Not so, says Papathanassiou. French bands tend either to be carbon copies of English or American bands, or else have to make waves outside France in order to be recognised inside it. Magma, apparently being an example of this.
After "666" and the dissolution of Aphrodite's Child, Vangelis drifted back into film work, doing innumerable soundtracks, out of which came an album entitled "L'Apocalypse Des Animaux," released only in Europe (Polydor 2393 053), and last year, this time on Vertigo (6490 693) - "Earth."
Musically, "Earth" is often interesting but is dogged by some fairly atrocious "meaningful" lyrics contributed by one R. Dassin.
Example: "We became a diaspora / An unnamed nation of bastards / We channeled our roots to the pulse of light / Deep within the galaxies of our minds."
Of course, the subject matter isn't a million miles away from the allegorical nature of "Topographic Oceans," so maybe that's what attracted the attentions of those Yes people.
Yet for a person who claims to hate showbiz, there's something that seems out of context here. In solo concerts, Vangelis comes on like the Barnum and Bailey of the avant garde flanked by more keyboards than I've ever seen anyone use, clad in spangly jacket and directing huge ensembles of pretty chorus girls who rock around sets of copper tympani.
"Ah, but I did not do this to make a spectacle, "protests Vangelis, "it's not 'hey, look at the sexy girls with the beautiful legs.' I used girls just because I wanted to hear 30 female voices singing together, and y'know, why not have them playing drums as well?"
And the multiple keyboards?
"Having so many lets me play anything I hear in my head. With my equipment, I don't need a symphony orchestra, because I can create any sound that I need just using keyboards."
To underline his point, Vangelis plays a number of tapes and videos to illustrate the range of his inventiveness. I'm impressed, though frankly some of it I don't enjoy at all. In this category are things like a Scarlatti-type electric harpsichord solo and various other pieces that sound overly "classical."
Much better are some jazz jams, including one where Vangelis on organ flies high over rhythmic propulsion by Tony Oxley (drums) and Brian Odges (bass).
On another tape, Vangelis himself switches to drums to play some attacking post-be-bop stuff with plenty of heavy cymbal work.
But best of all is some soundtrack work that Vangelis has done to accompany modern dance and Greek tragedy. Like nothing else I've heard, it's very pure and quite breathtakingly beautiful, and if circumstance ever forced the Greek eccentric to specialise, I'm sure this is the direction he'd ultimately take.
Whatever, there's certainly no way that all this diverse energy could ever be compressed into a democratic rock and roll band.
Papathanassiou is a leader, rather than a follower, and I can't visualise him politely shifting chords behind a Steve Howe guitar solo on say, "Yours Is No Disgrace."
Nonetheless, (the Greek is emphatic that he'll make an album with Yes lead singer Jon Anderson, and it won't simply be a case of Papathanassiou recording and Anderson producing.
"It will be a musical collaboration, with words by Jon and music by me. I don't know what form it will take yet."

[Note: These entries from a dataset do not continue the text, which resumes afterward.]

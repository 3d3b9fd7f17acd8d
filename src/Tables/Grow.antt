-- ===== src/Tables/Grow.antt =====
-- What a grown table contains.
use toywasm.Base.{
  ℕ, zero, suc, ◌+◌, ◌-◌, ◌*◌, ◌^◌, ◌≤◌, ◌<◌, ◌≡◌, refl, ap, ◌∙◌, arith, List, ◌++◌, length, take,
}
use toywasm.Base.{
  Bool, true, false, not, ◌||◌, ◌&&◌, ltb, leb, ◌==◌, Result, ok, ◌>>◌, assert, inl, inr,
  length-append, lt_or_le,
}
use toywasm.Base.{get_elem?-append_left, Bool-cases}
use toywasm.Types.{valtype_cellsize}
use toywasm.Tables.{Tableinst, val_from_cells, table_get, fill_table, table_grow}
use toywasm.Tables.Contents.{read_cells_cong}
use toywasm.Tables.Values.{IsTable, with_cells, table_set-IsStored, element_fits, unwrapped}

record IsFilled (count i : ℕ) (val : List ℕ) (t : Tableinst) (cells' : List ℕ) : Type 0 where
  length_cells : length cells' ≡ length t.cells
  elements :
      (j : ℕ)
      → i ≤ j
      → j < i + count
      → table_get j (with_cells t cells') ≡ ok (take (valtype_cellsize t.et) val)
  others : (j : ℕ) → j < i → table_get j (with_cells t cells') ≡ table_get j t

fill_table-IsFilled :
    (size count i : ℕ) (val : List ℕ) (t : Tableinst)
    → length val ≡ 4
    → length t.cells ≡ size * valtype_cellsize t.et
    → i + count ≤ size
    → length t.cells < 2 ^ 32
    → (cells' : List ℕ) × (fill_table count i val t ≡ ok (with_cells t cells'))
      × IsFilled count i val t cells'
unfolding fill_table
fill_table-IsFilled size zero i val t four e le few = (
  t.cells,
  refl,
  record {
    length_cells = refl;
    elements = λ j low high. absurd (omega arith);
    others = λ j lt. refl;
  },
)
fill_table-IsFilled size (suc count) i val t four e le few =
    let (cells1, set_i, s) =
      table_set-IsStored i val t four (element_fits size t e i (omega arith)) few in
    let (cells', filled, h) =
      fill_table-IsFilled size count (i + 1) val (with_cells t cells1) four (s.length_cells ∙ e)
        (omega arith) (omega (arith, s.length_cells, few)) in
    (
      cells',
      rw set_i filled,
      record {
        length_cells = h.length_cells ∙ s.length_cells;
        elements = λ j low high. elim (lt_or_le i j) [
          | inl after ↦ h.elements j (omega (arith, after)) (omega (arith, high))
          | inr at ↦
              let same : j ≡ i = omega (arith, at, low) in
              rw same (h.others i (omega arith) ∙ s.element)
        ];
        others = λ j lt.
            h.others j (omega (arith, lt))
            ∙ s.others j (omega (arith, lt)) (element_fits size t e j (omega (arith, lt)));
      },
    )

-- The table `t` grown by `n` elements `val`.
pub record IsGrown (n : ℕ) (val : List ℕ) (t t' : Tableinst) : Type 0 where
  pub table : IsTable t'
  pub size : t'.size ≡ t.size + n
  pub old : (j : ℕ) → j < t.size → table_get j t' ≡ table_get j t
  pub new :
      (j : ℕ) → t.size ≤ j → j < t.size + n → table_get j t' ≡ ok (take (valtype_cellsize t.et) val)

-- -1 and the table as it was, or the old size and the table grown.
abbrev pub Grows :
    (n : ℕ) (val : List ℕ) (t : Tableinst) (grows : Bool) → Result (ℕ × Tableinst) → Type 0
Grows n val t false r = r ≡ ok (2 ^ 32 - 1, t)
Grows n val t true r = (t' : Tableinst) × (r ≡ ok (t.size, t')) × IsGrown n val t t'

-- Old elements in more cells.
old-fresh :
    (t : Tableinst) (fresh : List ℕ) (j : ℕ)
    → IsTable t
    → j < t.size
    → table_get j (with_cells t (t.cells ++ fresh)) ≡ table_get j t
unfolding table_get val_from_cells
old-fresh t fresh j h lt =
    let csz = valtype_cellsize t.et in
    let fits = element_fits t.size t h.cells j lt in
    rw (unwrapped j t fits h.few) (
      ap (λ (r : Result (List ℕ)). assert (leb csz 4) >> r)
        (read_cells_cong (j * csz) csz t.cells (t.cells ++ fresh) fits
          (omega (arith, fits, length-append t.cells fresh))
          (λ k lt. get_elem?-append_left t.cells fresh (j * csz + k) (omega (arith, fits, lt)))))

-- Whether the size stays under 2^32 and the limit, and there is room.
abbrev pub may_grow : (room : Bool) (n : ℕ) → Tableinst → Bool
may_grow room n t = leb n (2 ^ 32 - 1 - t.size) && leb (t.size + n) t.max && room

refused-may_grow :
    (room : Bool) (n : ℕ) (t : Tableinst)
    → (ltb (2 ^ 32 - 1 - t.size) n || ltb t.max (t.size + n) || not room) ≡ not (may_grow room n t)
refused-may_grow true n t = ground arith
refused-may_grow false n t = ground arith

filled-IsGrown :
    (n : ℕ) (val fresh cells' : List ℕ) (t : Tableinst)
    → IsTable t
    → length fresh ≡ n * valtype_cellsize t.et
    → (t.size + n) * valtype_cellsize t.et < 2 ^ 32
    → IsFilled n t.size val (with_cells t (t.cells ++ fresh)) cells'
    → IsGrown n val t (record t { cells = cells'; size = t.size + n })
unfolding table_get
filled-IsGrown n val fresh cells' t h new_cells few filled = record {
  table = record {
    cells = omega (arith, filled.length_cells, length-append t.cells fresh, h.cells, new_cells);
    few = omega (arith, filled.length_cells, length-append t.cells fresh, h.cells, new_cells, few);
  };
  size = refl;
  old = λ j lt. filled.others j lt ∙ old-fresh t fresh j h lt;
  new = filled.elements;
}

-- Where the cells of a table, and of the grown one if it may grow, are fewer than 2^32: growing it by
-- no elements or within its limits returns the old size; the old elements are as they
-- were and the new ones have the given value. Else -1 is returned and nothing changes. No
-- assertion fails.
pub table_grow-Grows :
    (room : Bool) (fresh val : List ℕ) (n : ℕ) (t : Tableinst)
    → IsTable t
    → length val ≡ 4
    → length fresh ≡ n * valtype_cellsize t.et
    → (may_grow room n t ≡ true → (t.size + n) * valtype_cellsize t.et < 2 ^ 32)
    → Grows n val t (n == 0 || may_grow room n t) (table_grow room fresh val n t)
unfolding table_grow
table_grow-Grows room fresh val zero t h four new_cells few = (
  t,
  refl,
  record {
    table = h;
    size = omega arith;
    old = λ j lt. refl;
    new = λ j low high. absurd (omega arith);
  },
)
table_grow-Grows room fresh val (suc n) t h four new_cells few =
    let csz = valtype_cellsize t.et in
    let extended = with_cells t (t.cells ++ fresh) in
    let len : length (t.cells ++ fresh) ≡ (t.size + suc n) * csz =
      omega (arith, length-append t.cells fresh, h.cells, new_cells) in
    elim (Bool-cases (may_grow room (suc n) t)) [
      | inl grows ↦
          let (cells', e, filled) =
            fill_table-IsFilled (t.size + suc n) (suc n) t.size val extended four len (omega arith)
              (omega (arith, len, few grows)) in
          rw (some_more, refused-may_grow room (suc n) t, grows, e)
            (
              record t { cells = cells'; size = t.size + suc n },
              refl,
              filled-IsGrown (suc n) val fresh cells' t h new_cells (few grows) filled,
            )
      | inr refused ↦ rw (some_more, refused-may_grow room (suc n) t, refused) refl
    ]
  where
    some_more : (suc n == 0) ≡ false
    some_more = ground arith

A final candid and hypothetical question: Assuming that work permit and Musicians' Union problems didn't exist, do you, Vangelis, think that Yes' music has enough substance to sustain you?
"To me," he replies, weighing his words carefully, "there are only two types of music - honest music and dishonest music, but various truths apply to different people.
"Now, when I listen to Yes' music, I am conscious of the fact that it is Occidental music. It is very English in its nature. Now I am not like that. I'm not saying I'm an Oriental, but Greece has such a rich heritage, and there are certain similarities between some ethnic Greek music and Chinese music for example. I think it would be very difficult for me to play with any band."
"Anyway, I enjoy the freedom of being able to choose the musicians I want to play each piece that I write. I wouldn't like to have my music limited by the abilities of one particular group of people."